• WHAT THIS TASK INVOLVES:
Count the lines in the records below that contain the word "Http", and give that figure alone.
*** Block opens ***
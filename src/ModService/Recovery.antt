-- ===== src/ModService/Recovery.antt =====
-- The recovery of a module that does not come up, in muc_svc.c.
use motorola_external_greybu.Prelude.{
  ℕ, ◌+◌, ◌*◌, ◌%◌, ◌^◌, Bool, false, List, [], ◌∷◌, ltb, ◌==◌, if◌then◌else◌,
}

-- `enum muc_svc_recover`, and any other number
pub data Level : Type 0 where
  full off soft invalid : Level

-- What a recovery does: a reset of a level, or the end of the power, or nothing since a module is there
pub data Recovered : Type 0 where
  muc_reset muc_soft_reset recovery_disabled invalid_recovery muc_poweroff skipped : Recovered

-- The fields of `struct muc_svc_data` that count failures
pub record Watchdog : Type 0 where
  pub first_fail : ℕ
  pub fail_count : ℕ
  pub recovery_level : Level

-- `_do_muc_recovery_level`
abbrev pub do_muc_recovery_level : Level → Recovered
do_muc_recovery_level full = muc_reset
do_muc_recovery_level off = recovery_disabled
do_muc_recovery_level soft = muc_soft_reset
do_muc_recovery_level invalid = invalid_recovery

-- `MUC_SVC_WATCHDOG_MAX_RETRIES`
abbrev pub watchdog_max_retries : ℕ
watchdog_max_retries = 5

-- `muc_svc_clear_wdog`
unfoldable pub clear_wdog : Watchdog → Watchdog
clear_wdog d = if d.fail_count == 0 then d else record d { fail_count = 0 }

-- The kernel's `time_after_eq` and the ticks in a second
module _ (time_after_eq : ℕ → ℕ → Bool) (hz : ℕ) where
  -- `MUC_SVC_FAILURE_WINDOW`
  abbrev pub failure_window : ℕ
  failure_window = 300 * hz

  -- `muc_svc_recovery` at a time, where `present` is whether a module is on the list `ext_intf`
  unfoldable pub recovery : Bool → ℕ → Watchdog → Watchdog × Recovered
  recovery present jiffies d =
      let first = if d.fail_count == 0 then jiffies else d.first_fail in
      let expired = time_after_eq jiffies ((first + failure_window) % 2 ^ 64) in
      let count = ((if expired then 0 else d.fail_count) + 1) % 256 in
      let start = if expired then jiffies else first in
      if present
      then (d, skipped)
      else if ltb watchdog_max_retries count
      then (record d { first_fail = start; fail_count = 0 }, muc_poweroff)
      else (
        record d { first_fail = start; fail_count = count },
        do_muc_recovery_level d.recovery_level,
      )

  -- `muc_svc_communication_reset`, where `heartbeat` is whether the module answers
  unfoldable pub communication_reset : Bool → ℕ → Watchdog → Watchdog × Recovered
  communication_reset heartbeat jiffies d = if heartbeat then (d, skipped) else (
    record d {
      first_fail = if d.fail_count == 0 then jiffies else d.first_fail;
      fail_count = (d.fail_count + 1) % 256;
    },
    do_muc_recovery_level d.recovery_level,
  )

  -- Recoveries at several times: the end, and what they did
  unfoldable pub recoveries : List ℕ → Watchdog → Watchdog × List Recovered
  unfolding recovery
  recoveries [] d = (d, [])
  recoveries (t ∷ ts) d =
      let r = recovery false t d in let rest = recoveries ts r.0 in (rest.0, r.1 ∷ rest.1)
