-- ===== src/Http.antt =====
-- internal/api: the handlers behind the routes, the tenants that they keep apart, and the checks
-- that a request passes before one of them runs.
pub mod Request
pub mod Tenancy
pub mod Pages
pub mod Statistics
pub mod TaskHandler
pub mod WorkflowHandler
pub mod Bearer
pub mod Middleware
pub mod Audit
pub mod LogHandler
pub mod Router
pub mod Isolation
pub mod OwnWrites
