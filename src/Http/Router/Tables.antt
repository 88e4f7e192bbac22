-- ===== src/Http/Router/Tables.antt =====
-- The routes of internal/api/router.go in the tables of internal/api/middleware.
use kube_task.Base.{
  String, String_discrete, Bool, not, ◌||◌, ◌==◌, some, List, ◌∷◌, any, lookup, is_some, ◌≡◌, refl,
}
use kube_task.Http.Middleware.{Permission, route_permissions, audit_operations}
use kube_task.Http.Router.{
  TaskRoute, WorkflowRoute, task_route_key, workflow_route_key, log_route_key,
}

-- A permission to change something.
abbrev writes : Permission → Bool
writes p = not (p.verb == "get" || p.verb == "list")

-- The route with this key is registered with at least one permission, and it is audited just if one
-- of them is to change something.
pub record Registered (key : String) : Type 0 where
  pub first : Permission
  pub others : List Permission
  pub listed : lookup key route_permissions ≡ some (first ∷ others)
  pub is_audited : is_some (lookup key audit_operations) ≡ any writes (first ∷ others)

task_route-Registered : (r : TaskRoute) → Registered (task_route_key r)
unfolding String_discrete
task_route-Registered (TaskRoute.create body) = record {
  first = _;
  others = _;
  listed = refl;
  is_audited = refl;
}
task_route-Registered (TaskRoute.list query) = record {
  first = _;
  others = _;
  listed = refl;
  is_audited = refl;
}
task_route-Registered TaskRoute.get = record {
  first = _;
  others = _;
  listed = refl;
  is_audited = refl;
}
task_route-Registered (TaskRoute.update body) = record {
  first = _;
  others = _;
  listed = refl;
  is_audited = refl;
}
task_route-Registered TaskRoute.delete = record {
  first = _;
  others = _;
  listed = refl;
  is_audited = refl;
}
task_route-Registered TaskRoute.trigger = record {
  first = _;
  others = _;
  listed = refl;
  is_audited = refl;
}
task_route-Registered TaskRoute.suspend = record {
  first = _;
  others = _;
  listed = refl;
  is_audited = refl;
}
task_route-Registered TaskRoute.resume = record {
  first = _;
  others = _;
  listed = refl;
  is_audited = refl;
}
task_route-Registered TaskRoute.stats = record {
  first = _;
  others = _;
  listed = refl;
  is_audited = refl;
}
task_route-Registered TaskRoute.trend = record {
  first = _;
  others = _;
  listed = refl;
  is_audited = refl;
}

workflow_route-Registered : (r : WorkflowRoute) → Registered (workflow_route_key r)
unfolding String_discrete
workflow_route-Registered (WorkflowRoute.create body) = record {
  first = _;
  others = _;
  listed = refl;
  is_audited = refl;
}
workflow_route-Registered (WorkflowRoute.list query) = record {
  first = _;
  others = _;
  listed = refl;
  is_audited = refl;
}
workflow_route-Registered WorkflowRoute.get = record {
  first = _;
  others = _;
  listed = refl;
  is_audited = refl;
}
workflow_route-Registered WorkflowRoute.delete = record {
  first = _;
  others = _;
  listed = refl;
  is_audited = refl;
}

log_route-Registered : Registered log_route_key
unfolding String_discrete
log_route-Registered = record { first = _; others = _; listed = refl; is_audited = refl }

-- Every route behind the middleware is in the table with at least one permission, and it is audited
-- exactly if one of its permissions is another than get or list.
pub routes-Registered :
    ((r : TaskRoute) → Registered (task_route_key r))
    × ((r : WorkflowRoute) → Registered (workflow_route_key r))
    × Registered log_route_key
routes-Registered = (task_route-Registered, workflow_route-Registered, log_route-Registered)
*** Block closes ***
• EXERCISE ANSWER:
5